[Records for this task — start]

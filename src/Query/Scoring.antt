-- ===== src/Query/Scoring.antt =====
-- `Scoring` of query/clause.go: the scores of the matching documents, in the order of their indexes.
pub mod Updates
pub mod Added
use textiplex.Prelude.{
  ℕ, ◌+◌, Bool, Option, none, some, List, [], ◌∷◌, ltb, ◌==◌, length, map, get_elem?, set, slice,
  if◌then◌else◌, ◌>>=◌,
}
use textiplex.Roaring.{Roaring}
use textiplex.Search.{search, found_at}
use textiplex.Storage.Headers.{Float32}

pub record Score : Type 0 where
  pub index : ℕ
  pub value : Float32

abbrev pub index_below : ℕ → Score → Bool
index_below idx s = ltb s.index idx

abbrev pub index_is : ℕ → Score → Bool
index_is idx s = s.index == idx

-- The Go slice `s.Scores[guess:]`.
abbrev pub sub_scores : ℕ → List Score → Option (List Score)
sub_scores guess scores = slice scores guess (length scores)

-- `Scoring.Reset`
unfoldable pub reset_scores : (r : Roaring) → r.Bitmap → List Score
reset_scores r src = map (λ i. record { index = i; value = 0 }) (r.to_array src)

-- `Scoring.BinarySearch`
unfoldable pub search_score : ℕ → ℕ → List Score → Option (ℕ × Bool)
search_score guess doc_idx scores = sub_scores guess scores >>= λ sub.
    search (index_below doc_idx) sub >>= λ i. some (i, found_at (index_is doc_idx) sub i)

-- `Scoring.Get`
unfoldable pub get_score : ℕ → ℕ → List Score → Option Float32
get_score guess idx scores = sub_scores guess scores >>= λ sub.
    search (index_below idx) sub >>= λ i.
    some (elim (get_elem? sub i) [ none ↦ 0 | some x ↦ if x.index == idx then x.value else 0 ])

-- The sum of two `float32` is the processor's.
module _ (add_float : Float32 → Float32 → Float32) where
  abbrev pub raised : Float32 → Score → Score
  raised score x = record x { value = add_float x.value score }

  -- `Scoring.Add`, with the new scores and the position for the next guess.
  unfoldable pub add_score : ℕ → ℕ → Float32 → List Score → Option (List Score × ℕ)
  add_score guess idx score scores = sub_scores guess scores >>= λ sub.
      search (index_below idx) sub >>= λ i.
      get_elem? sub i >>= λ x. some (set scores (guess + i) (raised score x), guess + i)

[Records for this task — finish]

* What is being asked
In the listing above, find the line with "pub index : ℕ" and the line with "some (elim (get_elem?"; set down exactly those two lines and every line between them, nothing more.

* Task answer
  pub index : ℕ
  pub value : Float32

abbrev pub index_below : ℕ → Score → Bool
index_below idx s = ltb s.index idx

abbrev pub index_is : ℕ → Score → Bool
index_is idx s = s.index == idx

-- The Go slice `s.Scores[guess:]`.
abbrev pub sub_scores : ℕ → List Score → Option (List Score)
sub_scores guess scores = slice scores guess (length scores)

-- `Scoring.Reset`
unfoldable pub reset_scores : (r : Roaring) → r.Bitmap → List Score
reset_scores r src = map (λ i. record { index = i; value = 0 }) (r.to_array src)

-- `Scoring.BinarySearch`
unfoldable pub search_score : ℕ → ℕ → List Score → Option (ℕ × Bool)
search_score guess doc_idx scores = sub_scores guess scores >>= λ sub.
    search (index_below doc_idx) sub >>= λ i. some (i, found_at (index_is doc_idx) sub i)

-- `Scoring.Get`
unfoldable pub get_score : ℕ → ℕ → List Score → Option Float32
get_score guess idx scores = sub_scores guess scores >>= λ sub.
    search (index_below idx) sub >>= λ i.
    some (elim (get_elem? sub i) [ none ↦ 0 | some x ↦ if x.index == idx then x.value else 0 ])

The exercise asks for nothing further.